Its a difference in mindset. My parents are Singaporean and even though we are 8 timezones apart, they keep reminding me to wear a mask when I go out in London. Something like 90% of Singaporeans wear a mask when they go out (in the street, not just indoors) as it is law. I would be interested in how many mums in UK incessantly and constantly remind their children to wear masks.

Taiwan, HK , China, Singapore had experience with SARS and therefore know what to do. I remember back in Feb when there were 10 cases of Covid in the UK, I said that the economy would be wrecked and people would die if we didnt take this seriously, just like how it happened in Singapore when I was 11. Everyone just laughed at me and said that the reason that happened was cos singapore was so small with connections to china. I feel like there is a certain arrogance in UK that we know best and therefore we would not benefit from learning from other countries. Hence things were allowed to spiral out of control.

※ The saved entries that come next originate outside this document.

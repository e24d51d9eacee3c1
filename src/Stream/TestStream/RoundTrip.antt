-- ===== src/Stream/TestStream/RoundTrip.antt =====
-- Whole runs of `TestCStream` (src/c_stream.rs, lines 198 to 299).
use c2pa_c.Common.{
  ℕ, ◌+◌, ◌≤◌, Bytes, ◌++◌, length, isize_max, Result, ok, M, some, none, ◌≡◌, ◌∙◌, arith, ◌>>=◌,
  ==_refl, ==_ne, or_fault, ◌≢◌,
}
use c2pa_c.Error.Last.{Thread}
use c2pa_c.Stream.{Ptr, IoError, from_start, read, write, seek, CStream}
use c2pa_c.Stream.Cursor.{Cursor, remaining, cursor_new}
use c2pa_c.Stream.Cursor.Laws.{
  written, remaining-written, read_count_front, read_bytes_front, advanced,
}
use c2pa_c.Stream.TestStream.{Arena, update, test_stream, from_bytes, from_c_stream}
use c2pa_c.Stream.TestStream.Refinement.{stored, read-cursor, write-cursor, seek-start}

-- A client writes at the position, seeks back to it and reads into a buffer.
abbrev pub write_seek_read :
    CStream Arena
    → (position : ℕ) → (data_bytes buf : Bytes) → M (Thread Arena) (Result ℕ IoError × Bytes)
write_seek_read s position bytes buf = do
  count ← write s bytes
  place ← seek s (from_start position)
  read s buf

module _ (t : Thread Arena) (context : Ptr) (c : Cursor) where
  abbrev after_write : Bytes → Thread Arena
  after_write bytes = stored t context (written c bytes)

  abbrev back : Bytes → Cursor
  back bytes = record { inner = (written c bytes).inner; position = c.position }

  now : (u : Thread Arena) (d : Cursor) → (stored u context d).outside.cursors context ≡ some d
  now u d = rw (==_refl context)

  -- A read of bytes that stand first.
  read_front :
      (u : Thread Arena) (d : Cursor) (bytes rest buf : Bytes)
      → u.outside.cursors context ≡ some d
      → remaining d ≡ bytes ++ rest
      → length buf ≡ length bytes
      → length buf ≤ isize_max
      → read (test_stream context) buf u
        ≡ some ((ok (length bytes), bytes), stored u context (advanced d (length bytes)))
  read_front u d bytes rest buf here front same small =
      let count = read_count_front d bytes rest buf front same in
      read-cursor u context d buf here small
      ∙ rw count (rw (read_bytes_front d bytes rest buf front same))

  -- A test stream whose context points at a cursor, and bytes written at its position, inside or
  -- beyond the old contents, that end within the range of an `isize`: after a seek back to that
  -- position a read into a buffer of the same length returns all of the bytes, and the cursor is
  -- the one after the write.
  pub read-write :
      (bytes buf : Bytes)
      → t.outside.cursors context ≡ some c
      → c.position + length bytes ≤ isize_max
      → length buf ≡ length bytes
      → (t' : Thread Arena) × (write_seek_read (test_stream context) c.position bytes buf t
          ≡ some ((ok (length bytes), bytes), t'))
        × (t'.outside.cursors context ≡ some (written c bytes))
  read-write bytes buf here fits same =
      let t₁ = after_write bytes in
      let t₂ = stored t₁ context (back bytes) in
      let got = t₁.outside.cursors in
      let w = write-cursor t context c bytes here fits in
      let k =
        seek-start t₁ context (written c bytes) c.position (now t (written c bytes))
          (omega arith) in
      let r =
        read_front t₂ (back bytes) bytes _ buf (now t₁ (back bytes)) (remaining-written c bytes)
          same (omega arith) in
      (
        stored t₂ context (written c bytes),
        rw (w, ◌>>=◌) (rw (k, ◌>>=◌) r),
        now t₂ (written c bytes),
      )

-- Where the next address of a box is not null and not in use, the stream that `from_bytes` makes
-- gives back, by `from_c_stream`, a cursor at the start of the bytes, and the boxes are as
-- before.
from_c_stream-from_bytes :
    (t : Thread Arena) (bytes : Bytes)
    → t.outside.next ≢ 0
    → t.outside.cursors t.outside.next ≡ none
    → (t' : Thread Arena) × ((do s ← from_bytes bytes; from_c_stream s) t
        ≡ some (cursor_new bytes, t'))
      × ((p : Ptr) → t'.outside.cursors p ≡ t.outside.cursors p)
unfolding from_bytes from_c_stream
from_c_stream-from_bytes t bytes h unused =
    let p = t.outside.next in
    let first = update t.outside.cursors p (some (cursor_new bytes)) in
    (
      record t { outside = record { cursors = update first p none; next = p + 1 } },
      rw (==_ne p 0 h, ◌>>=◌) (rw (==_refl p, ◌>>=◌, or_fault)),
      λ q. ground (arith, unused),
    )
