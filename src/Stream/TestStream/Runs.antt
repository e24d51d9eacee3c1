-- ===== src/Stream/TestStream/Runs.antt =====
-- Sequences of operations on a stream (src/c_stream.rs): the implementations of `Read`, `Write` and
-- `Seek` over `TestCStream`, and the cursor itself.
use c2pa_c.Common.{
  ℕ, ◌+◌, ◌-◌, ◌≤◌, ◌<◌, ◌^◌, Bytes, ◌++◌, length, take, drop, List, [], ◌∷◌, isize_max, Result, ok,
  Option, none, some, M, ◌>>=◌, pure, ◌≡◌, ◌≢◌, ◌∙◌, refl, ==_refl, ==_ne,
}
use c2pa_c.Error.Last.{Thread}
use c2pa_c.Stream.{Ptr, CStream, SeekFrom, IoError, read, write, seek, flush}
use c2pa_c.Stream.Cursor.{Cursor, remaining, bad_seek}
use c2pa_c.Stream.Cursor.Laws.{written, read_count, advanced}
use c2pa_c.Stream.TestStream.{Arena, test_stream, test_flusher}
use c2pa_c.Stream.TestStream.Refinement.{
  stored, failed, landing, read-cursor, write-cursor, seek-landing, seek-nowhere,
}

pub data Operation : Type 0 where
  reads : (buf : Bytes) → Operation
  writes : (buf : Bytes) → Operation
  seeks : SeekFrom → Operation
  flushes : Operation

-- A read answers with its result and the buffer.
pub data Answer : Type 0 where
  got : Result ℕ IoError × Bytes → Answer
  count : Result ℕ IoError → Answer
  flushed : Result (Unit {0}) IoError → Answer

module _ {E : Type 0} (s : CStream E) where
  unfoldable pub operate : Operation → M (Thread E) Answer
  unfolding read write seek flush
  operate (reads buf) = do r ← read s buf; pure (got r)
  operate (writes buf) = do r ← write s buf; pure (count r)
  operate (seeks from) = do r ← seek s from; pure (count r)
  operate flushes = do r ← flush s; pure (flushed r)

  unfoldable pub operate_all : List Operation → M (Thread E) (List Answer)
  unfolding operate
  operate_all [] = pure []
  operate_all (op ∷ ops) = do
    answer ← operate op
    answers ← operate_all ops
    pure (answer ∷ answers)

-- The same on a cursor alone. A seek to nowhere leaves it where it is, and answers `u64::MAX`.
abbrev sought : Cursor → Option ℕ → Answer × Cursor
sought c none = (count (ok (2 ^ 64 - 1)), c)
sought c (some m) = (count (ok m), record c { position = m })

unfoldable pub on_cursor : Cursor → Operation → Answer × Cursor
on_cursor c (reads buf) =
    let n = read_count c buf in (got (ok n, take n (remaining c) ++ drop n buf), advanced c n)
on_cursor c (writes buf) = (count (ok (length buf)), written c buf)
on_cursor c (seeks from) = sought c (landing c from)
on_cursor c flushes = (flushed (ok tt), c)

unfoldable pub all_on_cursor : Cursor → List Operation → List Answer × Cursor
unfolding on_cursor
all_on_cursor c [] = ([], c)
all_on_cursor c (op ∷ ops) =
    let (answer, c') = on_cursor c op in
    let (answers, c'') = all_on_cursor c' ops in (answer ∷ answers, c'')

-- The ranges of the machine: buffers and what they end at fit an `isize`, positions a u64.
abbrev pub Below : Option ℕ → Type 0
Below none = Unit
Below (some m) = m < 2 ^ 64

abbrev pub Within : Cursor → Operation → Type 0
Within c (reads buf) = length buf ≤ isize_max
Within c (writes buf) = c.position + length buf ≤ isize_max
Within c (seeks from) = Below (landing c from)
Within c flushes = Unit

abbrev pub AllWithin : Cursor → List Operation → Type 0
unfolding on_cursor
AllWithin c [] = Unit
AllWithin c (op ∷ ops) = Within c op × AllWithin (on_cursor c op).1 ops

-- From `t` to `t'` the cursor at the context has become `c`, and no other has changed.
pub record Became (t : Thread Arena) (context : Ptr) (c : Cursor) (t' : Thread Arena) : Type 0 where
  pub there : t'.outside.cursors context ≡ some c
  pub others : (p : Ptr) → context ≢ p → t'.outside.cursors p ≡ t.outside.cursors p

module _ (context : Ptr) where
  stored-Became : (t : Thread Arena) (c : Cursor) → Became t context c (stored t context c)
  stored-Became t c = record {
    there = rw (==_refl context);
    others = λ p ne. rw (==_ne context p ne);
  }

  operate-seeks :
      (t : Thread Arena) (c : Cursor) (from : SeekFrom) (goal : Option ℕ)
      → landing c from ≡ goal
      → t.outside.cursors context ≡ some c
      → Below goal
      → (t' : Thread Arena) × (operate (test_stream context) (seeks from) t
          ≡ some ((sought c goal).0, t'))
        × Became t context (sought c goal).1 t'
  unfolding operate
  operate-seeks t c from none e here fits = (
    failed (stored t context c) bad_seek,
    rw (seek-nowhere t context c from here e, ◌>>=◌),
    record { there = rw (==_refl context); others = λ p ne. rw (==_ne context p ne) },
  )
  operate-seeks t c from (some m) e here fits =
      (_, rw (seek-landing t context c from m here e fits, ◌>>=◌), stored-Became t _)

  operate-cursor :
      (t : Thread Arena) (c : Cursor) (op : Operation)
      → t.outside.cursors context ≡ some c
      → Within c op
      → (t' : Thread Arena) × (operate (test_stream context) op t ≡ some ((on_cursor c op).0, t'))
        × Became t context (on_cursor c op).1 t'
  unfolding operate on_cursor test_flusher
  operate-cursor t c (reads buf) here fits =
      (_, rw (read-cursor t context c buf here fits, ◌>>=◌), stored-Became t _)
  operate-cursor t c (writes buf) here fits =
      (_, rw (write-cursor t context c buf here fits, ◌>>=◌), stored-Became t _)
  operate-cursor t c (seeks from) here fits = operate-seeks t c from (landing c from) refl here fits
  operate-cursor t c flushes here fits = (t, refl, record { there = here; others = λ p ne. refl })

  -- A test stream whose context points at a cursor answers any sequence of reads, writes, seeks
  -- and flushes, within the ranges of the machine, as the cursor alone does, where a seek to
  -- nowhere answers `u64::MAX`; then its context points at the cursor that is left, and no other
  -- box has changed.
  pub operate_all-cursor :
      (t : Thread Arena) (c : Cursor) (ops : List Operation)
      → t.outside.cursors context ≡ some c
      → AllWithin c ops
      → (t' : Thread Arena) × (operate_all (test_stream context) ops t
          ≡ some ((all_on_cursor c ops).0, t'))
        × Became t context (all_on_cursor c ops).1 t'
  unfolding operate_all all_on_cursor
  operate_all-cursor t c [] here fits = (t, refl, record { there = here; others = λ p ne. refl })
  operate_all-cursor t c (op ∷ ops) here (fits, rest) =
      let (t₁, e, became) = operate-cursor t c op here fits in
      let (t₂, es, became') = operate_all-cursor t₁ (on_cursor c op).1 ops became.there rest in
      (
        t₂,
        rw (e, ◌>>=◌) (rw (es, ◌>>=◌)),
        record { there = became'.there; others = λ p ne. became'.others p ne ∙ became.others p ne },
      )
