-- ===== src/Stream/TestStream/UnitTests.antt =====
-- The unit tests of src/c_stream.rs (lines 305 to 354). A failed `assert_eq!` or `unwrap` is a
-- panic.
use c2pa_c.Common.{
  ℕ, Bytes, [], ◌∷◌, Bool, true, false, ◌&&◌, ◌==◌, Result, ok, err, pos, negsuc, M, ◌>>=◌, ◌>>◌,
  pure, fault, replicate,
}
use c2pa_c.Error.Last.{Thread}
use c2pa_c.Stream.{CStream, from_start, from_current, from_end, IoError, read, write, seek}
use c2pa_c.Stream.TestStream.{Arena, from_bytes, from_c_stream, drop_c_stream}

-- `==` on slices
unfoldable pub eq_bytes : Bytes → Bytes → Bool
eq_bytes [] [] = true
eq_bytes [] (y ∷ ys) = false
eq_bytes (x ∷ xs) [] = false
eq_bytes (x ∷ xs) (y ∷ ys) = (x == y) && eq_bytes xs ys

-- `assert!`
unfoldable pub assert : {W : Type 0} → Bool → M W (Unit {0})
assert true = pure tt
assert false = fault

-- `Result::unwrap`
unfoldable pub unwrap : {W A : Type 0} → Result A IoError → M W A
unwrap (ok a) = pure a
unwrap (err e) = fault

-- A read into a new buffer of `len` zeros, of `count` bytes, that leaves `bytes` in it.
unfoldable pub assert_read : CStream Arena → (len count : ℕ) → Bytes → M (Thread Arena) (Unit {0})
unfolding read assert unwrap eq_bytes
assert_read c_stream len count bytes = do
  (result, buf) ← read c_stream (replicate len 0)
  bytes_read ← unwrap result
  assert (bytes_read == count)
  assert (eq_bytes buf bytes)

abbrev one_to_five : Bytes
one_to_five = 1 ∷ 2 ∷ 3 ∷ 4 ∷ 5 ∷ []

unfoldable pub test_cstream_read : M (Thread Arena) (Unit {0})
unfolding assert_read from_bytes from_c_stream
test_cstream_read = do
  c_stream ← from_bytes one_to_five
  assert_read c_stream 3 3 (1 ∷ 2 ∷ 3 ∷ [])
  assert_read c_stream 3 2 (4 ∷ 5 ∷ 0 ∷ [])
  test_stream ← from_c_stream c_stream
  pure tt

unfoldable pub test_cstream_seek : M (Thread Arena) (Unit {0})
unfolding assert_read from_bytes drop_c_stream unwrap seek
test_cstream_seek = do
  c_stream ← from_bytes one_to_five
  start ← seek c_stream (from_start 2)
  place ← unwrap start
  assert_read c_stream 3 3 (3 ∷ 4 ∷ 5 ∷ [])
  end ← seek c_stream (from_end (negsuc 1))
  place ← unwrap end
  assert_read c_stream 2 2 (4 ∷ 5 ∷ [])
  current ← seek c_stream (from_current (negsuc 3))
  place ← unwrap current
  assert_read c_stream 3 3 (2 ∷ 3 ∷ 4 ∷ [])
  drop_c_stream c_stream

unfoldable pub test_cstream_write : M (Thread Arena) (Unit {0})
unfolding from_bytes drop_c_stream unwrap seek write assert
test_cstream_write = do
  c_stream ← from_bytes one_to_five
  end ← seek c_stream (from_end (pos 0))
  place ← unwrap end
  written ← write c_stream (6 ∷ 7 ∷ 8 ∷ [])
  bytes_written ← unwrap written
  assert (bytes_written == 3)
  end' ← seek c_stream (from_end (pos 0))
  place' ← unwrap end'
  assert (place' == 8)
  drop_c_stream c_stream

annabel85 · 05/11/2020 10:03

People actually take it seriously and there isn't the same rebelliousness that's innate in cultures like ours.

annabel85 · 05/11/2020 10:06

The other factor is people don't fear the law in this country and there's been extremely low rate of enforcement. Even in countries like Italy and Spain they don't piss about with the police over there and know about it if they do.

In other cultures like much of Asia and the far east, you wouldn't dare.

hopingforonlychild · 05/11/2020 10:11

@annabel85 also humans are social creatures and we tend to copy what our peer group does. If everyone around you is following regulations, you would too. the problem with the UK is that too many people refuse to wear masks and have illicit gatherings so that somehow normalizes risky behavior.